Thank you NKT. I post more detailed pictures of the safe.

----------


## NKT

Very interesting. You can clearly see the rightmost key needs to be inserted then turned 90 degrees to the left (CCW) to fit through the slots that can be seen behind.

I wonder if there is actually anything secret about this lock? Is the entire thing just based on the weird shape of the keyhole? If so, then a good CAD model of the left keyhole would be enough to get you a duplicate key. Send the model to a waterjet or laser cutting workshop (laser is probably best, but the depth might be too high with the accuracy you need) and have them laser cut a block of soft steel to the same shape, then braze it to a shaft.
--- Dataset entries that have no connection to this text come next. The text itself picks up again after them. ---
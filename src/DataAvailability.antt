-- ===== src/DataAvailability.antt =====
-- mod/da/pkg: the blob sidecars of a block, their checks, and the availability store.
pub mod Verified
pub mod Stored
pub mod Factory
pub mod BodyProofs
pub mod Accepting
pub mod Included
use beacon_kit.Prelude.{
  ℕ, List, [], ◌∷◌, Option, none, some, Bytes, Bool, true, false, ◌%◌, length, if◌then◌else◌,
  bytes_eq, mul64, add64, ◌==◌, not, ◌&&◌, ◌||◌,
}
use beacon_kit.Exec.{
  Result, ok, err, bind_result, Exec, lift, ◌>>=◌, panic, sidecar_contains_differing_block_roots,
  attempted_to_verify_nil_sidecar, invalid_inclusion_proof, attempted_to_store_nil_sidecar,
}
use beacon_kit.Types.{BeaconBlockHeader}
use beacon_kit.Chain.{ChainSpec, within_da_period, active_fork_version_for_slot, version_deneb}
use beacon_kit.Merkle.{Hasher}
use beacon_kit.Merkle.Branches.{is_valid_merkle_branch}
use beacon_kit.RangeDb.{Files, RangeDb, has_value, set_value}

pub record BlobSidecar : Type 0 where
  pub index : ℕ
  pub blob : Bytes
  pub kzg_commitment : Bytes
  pub kzg_proof : Bytes
  pub beacon_block_header : BeaconBlockHeader
  pub inclusion_proof : List Bytes

-- BlobSidecars: a slice of pointers, which may be nil.
abbrev pub Sidecars : Type 0
Sidecars = List (Option BlobSidecar)

-- The SSZ methods of the data, and the KZG library behind the verifier of proofs.
pub record BlobVerifier : Type 0 where
  pub hasher : Hasher
  pub commitment_root : Bytes → Result Bytes
  pub header_root : BeaconBlockHeader → Result Bytes
  pub verify_blob_proof : Bytes → Bytes → Bytes → Result Unit
  -- on the blobs, the proofs and the commitments of the sidecars
  pub verify_blob_proof_batch : List BlobSidecar → Result Unit
  pub marshal_ssz : BlobSidecar → Result Bytes

-- A nil pointer that is followed panics.
unfoldable pub dereference : Option BlobSidecar → Result BlobSidecar
dereference none = err panic
dereference (some sc) = ok sc

-- Of several goroutines, or several joined errors, the first in the order of the source is kept.
unfoldable pub join_errors : Result Unit → Result Unit → Result Unit
join_errors (ok u) r = r
join_errors (err e) r = err e

-- BlockBodyKZGOffset, with KZGMerkleIndexDeneb = 26; it panics for another fork than Deneb.
unfoldable pub block_body_kzg_offset : ChainSpec → ℕ → Result ℕ
block_body_kzg_offset cs slot =
    if active_fork_version_for_slot cs slot == version_deneb
    then ok (mul64 26 cs.max_blob_commitments_per_block)
    else err panic

module _ (v : BlobVerifier) where
  -- HasValidInclusionProof
  unfoldable pub has_valid_inclusion_proof : BlobSidecar → ℕ → Result Bool
  has_valid_inclusion_proof sc kzg_offset = elim (v.commitment_root sc.kzg_commitment) [
    | err e ↦ ok false
    | ok leaf ↦
        is_valid_merkle_branch v.hasher leaf sc.inclusion_proof (length sc.inclusion_proof % 256)
          (add64 kzg_offset sc.index) sc.beacon_block_header.body_root
  ]

  unfoldable pub verify_inclusion_proof : ℕ → Option BlobSidecar → Result Unit
  unfolding has_valid_inclusion_proof
  verify_inclusion_proof kzg_offset none = err attempted_to_verify_nil_sidecar
  verify_inclusion_proof kzg_offset (some sc) =
      bind_result (has_valid_inclusion_proof sc kzg_offset)
        (λ valid. if valid then ok tt else err invalid_inclusion_proof)

  -- VerifyInclusionProofs
  unfoldable pub verify_inclusion_proofs : ℕ → Sidecars → Result Unit
  unfolding verify_inclusion_proof join_errors
  verify_inclusion_proofs kzg_offset [] = ok tt
  verify_inclusion_proofs kzg_offset (sc ∷ scs) =
      let rest = verify_inclusion_proofs kzg_offset scs in
      join_errors (verify_inclusion_proof kzg_offset sc) rest

  unfoldable pub sidecar_root : Option BlobSidecar → Result Bytes
  unfolding dereference
  sidecar_root sc = bind_result (dereference sc) (λ s. v.header_root s.beacon_block_header)

  -- The loop of ValidateBlockRoots, over the sidecars after the first.
  unfoldable pub same_block_roots : Bytes → Sidecars → Result Unit
  unfolding sidecar_root
  same_block_roots first_htr [] = ok tt
  same_block_roots first_htr (sc ∷ scs) =
      let rest = same_block_roots first_htr scs in
      bind_result (sidecar_root sc) (λ next_htr.
        if not (bytes_eq first_htr next_htr)
        then err sidecar_contains_differing_block_roots
        else rest)

  -- ValidateBlockRoots
  unfoldable pub validate_block_roots : Sidecars → Result Unit
  unfolding same_block_roots
  validate_block_roots [] = ok tt
  validate_block_roots (sc ∷ []) = ok tt
  validate_block_roots (sc ∷ next ∷ scs) =
      bind_result (sidecar_root sc) (λ first_htr. same_block_roots first_htr (next ∷ scs))

  -- ArgsFromSidecars, which follows every pointer.
  unfoldable pub args_from_sidecars : Sidecars → Result (List BlobSidecar)
  unfolding dereference
  args_from_sidecars [] = ok []
  args_from_sidecars (sc ∷ scs) =
      let rest = args_from_sidecars scs in
      bind_result (dereference sc) (λ s. bind_result rest (λ ss. ok (s ∷ ss)))

  -- VerifyKZGProofs
  unfoldable pub verify_kzg_proofs : Sidecars → Result Unit
  unfolding args_from_sidecars
  verify_kzg_proofs [] = ok tt
  verify_kzg_proofs (sc ∷ []) =
      bind_result (dereference sc) (λ s. v.verify_blob_proof s.blob s.kzg_proof s.kzg_commitment)
  verify_kzg_proofs (sc ∷ next ∷ scs) =
      bind_result (args_from_sidecars (sc ∷ next ∷ scs)) v.verify_blob_proof_batch

  -- Verifier.VerifyBlobs, whose three parts run in goroutines.
  unfoldable pub verify_blobs : Sidecars → ℕ → Result Unit
  unfolding verify_inclusion_proofs verify_kzg_proofs validate_block_roots
  verify_blobs scs kzg_offset =
      join_errors (verify_inclusion_proofs kzg_offset scs)
        (join_errors (verify_kzg_proofs scs) (validate_block_roots scs))

  -- Processor.VerifyBlobs
  unfoldable pub processor_verify_blobs : ChainSpec → ℕ → Sidecars → Result Unit
  unfolding verify_blobs block_body_kzg_offset
  processor_verify_blobs cs slot scs =
      bind_result (block_body_kzg_offset cs slot) (verify_blobs scs)

module _ {f : Files} (v : BlobVerifier) where
  unfoldable pub store_sidecar : ℕ → Option BlobSidecar → Exec (RangeDb f) Unit
  unfolding set_value
  store_sidecar slot none = lift (err attempted_to_store_nil_sidecar)
  store_sidecar slot (some sc) =
      lift (v.marshal_ssz sc) >>= λ bz. set_value slot sc.kzg_commitment bz

  -- The parallel map of Persist: every sidecar is stored, whatever becomes of the others.
  unfoldable pub store_all : ℕ → Sidecars → Exec (RangeDb f) Unit
  unfolding store_sidecar join_errors
  store_all slot [] db = (ok tt, db)
  store_all slot (sc ∷ scs) db =
      let (r, db') = store_sidecar slot sc db in
      let (rs, db'') = store_all slot scs db' in (join_errors r rs, db'')

  -- Persist, for the sidecars after the test that there is one; Processor.ProcessBlobs is this.
  unfoldable pub persist_from :
      ChainSpec → ℕ → Sidecars → Result BlobSidecar → Exec (RangeDb f) Unit
  unfolding store_all
  persist_from cs slot scs (err e) db = (err e, db)
  persist_from cs slot scs (ok first) db =
      if not (within_da_period cs first.beacon_block_header.slot slot)
      then (ok tt, db)
      else store_all slot scs db

  -- Persist
  unfoldable pub persist : ChainSpec → ℕ → Option Sidecars → Exec (RangeDb f) Unit
  unfolding persist_from
  persist cs slot none db = (ok tt, db)
  persist cs slot (some []) db = (ok tt, db)
  persist cs slot (some (sc ∷ scs)) db = persist_from cs slot (sc ∷ scs) (dereference sc) db

-- IsDataAvailable, over the commitments of the body.
unfoldable pub is_data_available : {f : Files} → RangeDb f → ℕ → List Bytes → Bool
unfolding has_value
is_data_available db slot [] = true
is_data_available db slot (commitment ∷ commitments) =
    let rest = is_data_available db slot commitments in has_value db slot commitment && rest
This will get you a long way towards having a working key, if not a working key from the off.

----------


## pelekan (GR)

I know it is almost 2 years later but this info might be of use.
I have a similar safe, same company, same rivets, but single door and smaller aprx. 1.3mX1mx.8m
I have the luxury of having two of the tree keys and am able to open the door.  The way the system works is as follows.
The first line of defense is that the rivets slide over to cover the key holes.  On my safe there is no brass plate and the keyholes are behind false rivets that are symmetrically placed to the others.  
The second step is that you need to place the smaller key (first on right) and engage it in order to unlock the other two false rivets and lift a lever that prevents the middle key (the one that retracts the 8 point locking system) from entering the lock.  As a previous post mentions, you can place the key in the hole but can not turn it to the left in order t enter the lock.
the third key (first on the left) is straight forward and basically works like a door handle retracting a latch that returns to its position when you release the key.  The door can be closed without retracting the latch.

I am also trying to find a way to make a copy of the first key (small one on the right) If you found a way that works well please let me know.  I figure in my case the best way is to take out the lock and send it to a locksmith that specializes in such locks.

When you do get yours open If you are lucky you will also find some nice woodwork including false bottom.

By the way I am working on this safe now and believe that the frame is wood, as I can see on the door.
Hope this is helpful if you have any info on the date and or the co. that made these please let me know.

----------